Rewind exactly 30 years to June 4, 1990, to a friend’s 18th birthday party. It’s the night that marks the start of three decades of partnership between Mennella and Amedeo Scognamiglio.
They’re the same age and from the same small town outside of Naples. Their families have known each other all their lives. But this is the occasion where their relationship begins in earnest.
“That’s the summer,” recalled Scognamiglio, from Mennella’s family estate. “We started both going to the same university and became friends more and more.”
Scognamiglio described the totality of their relationship as: “A human partnership, business partnership and soul mate. At one point, we really didn’t know anymore what came first.”
Mennella is Scognamiglio’s first kiss that summer. The two have no way of knowing he’ll be the last hand he holds before he dies of cancer.
Beginnings
Mennella originally pursued law, studying at the University of Naples Federico II, but credited his grandmother with encouraging him to pursue design.
He went on to obtain a degree in design marketing at famed university The New School Parsons School of Design in New York City.
In 2001, he launched Faraone Mennella with Scognamiglio.

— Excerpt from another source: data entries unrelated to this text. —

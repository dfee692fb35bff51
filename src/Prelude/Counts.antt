-- ===== src/Prelude/Counts.antt =====
-- How many elements of a list pass a test.
use Prim.Native.Nat.{ℕ, ◌+◌, ◌≤◌}
use mathlib.Core.Path.{◌≡◌, refl}
use mathlib.Core.Logic.{inl, inr}
use mathlib.Core.Bool.{Bool, true, false}
use mathlib.Core.Option.{none}
use mathlib.Core.List.{List, [], ◌∷◌, ◌++◌}
use native.Mathlib.Omega.{arith}
use boardtrace.Prelude.Tests.{◌==◌, Bool-cases}
use boardtrace.Prelude.Lists.{filter, find, count, put_by, All}

module _ {A : Type 0} where
  pub count-append : (p : A → Bool) (xs ys : List A) → count p (xs ++ ys) ≡ count p xs + count p ys
  count-append p [] ys = omega arith
  count-append p (x ∷ xs) ys = ground (arith, count-append p xs ys)

  pub count-find-none : (p : A → Bool) (xs : List A) → find p xs ≡ none → count p xs ≡ 0
  count-find-none p [] h = refl
  count-find-none p (x ∷ xs) h = ground (arith, count-find-none p xs)

  pub count-put_by :
      (key : A → ℕ) (row : A) (k : ℕ) (xs : List A)
      → count (λ x. key x == k) (put_by key row xs) ≡ count (λ x. key x == k) xs
  unfolding put_by
  count-put_by key row k [] = refl
  count-put_by key row k (x ∷ xs) = elim (Bool-cases (key x == key row)) [
    | inl hit ↦ let same : (key x == k) ≡ (key row == k) = ground arith in rw (hit, same) refl
    | inr miss ↦ rw (miss, count-put_by key row k xs) refl
  ]

  pub count-filter-le : (p q : A → Bool) (xs : List A) → count p (filter q xs) ≤ count p xs
  count-filter-le p q [] = omega arith
  count-filter-le p q (x ∷ xs) = ground (arith, count-filter-le p q xs)

  pub count-imp :
      (p q : A → Bool) (xs : List A) → ((x : A) → p x ≡ true → q x ≡ true) → count p xs ≤ count q xs
  count-imp p q [] imp = omega arith
  count-imp p q (x ∷ xs) imp = ground (arith, imp x, count-imp p q xs imp)

  pub count-filter-nil : (p : A → Bool) (xs : List A) → filter p xs ≡ [] → count p xs ≡ 0
  count-filter-nil p [] h = refl
  count-filter-nil p (x ∷ xs) h = ground (arith, count-filter-nil p xs)

  pub count-unless : (p : A → Bool) (xs : List A) → All (λ x. p x ≡ false) xs → count p xs ≡ 0
  count-unless p [] a = refl
  count-unless p (x ∷ xs) (h, a) = ground (arith, count-unless p xs a)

Part of the brand’s folklore is a chance encounter with Patricia Field, costume designer for “Sex and the City”
Mennella’s designs were prominently featured on the show, a centerpiece of the cultural zeitgeist. TV’s iconic show led to iconic retailers. Bergdorfs came calling.
In the year before his death, Mennella experienced somewhat of a design renaissance, executing jewelry abstractions that bring to mind exotic underwater creatures, expressing movement and energy, rendered in psychedelic shades of titanium.
“We realized our customer was, yes, very wealthy and very well-traveled and sophisticated, but she was different from the old-school jewelry client,” Scognamiglio explained. “She was wearing Alaïa and high heels and dancing on a yacht, so her jewelry had to be in the same spirit.”
The collection has been a hit, but it was one of Mennella’s very earliest designs that was his career-long best seller: the Stella necklace, named for the grandmother that inspired him to follow his passion.
“I couldn’t believe while Roberto was dying and I was holding his hands I see my phone and the notification from our website that they just sold two of those necklaces. I said, ‘Can you believe that those necklaces will never go out of style?’ That’s the biggest accomplishment for any designer.”
The two worked together under the same creative umbrella for the entirety of their jewelry design careers.
An Iconic Partnership
Especially in the beginning, Mennella and Scognamiglio designed jointly, but, creatively, Faraone Mennella bore the stamp of its…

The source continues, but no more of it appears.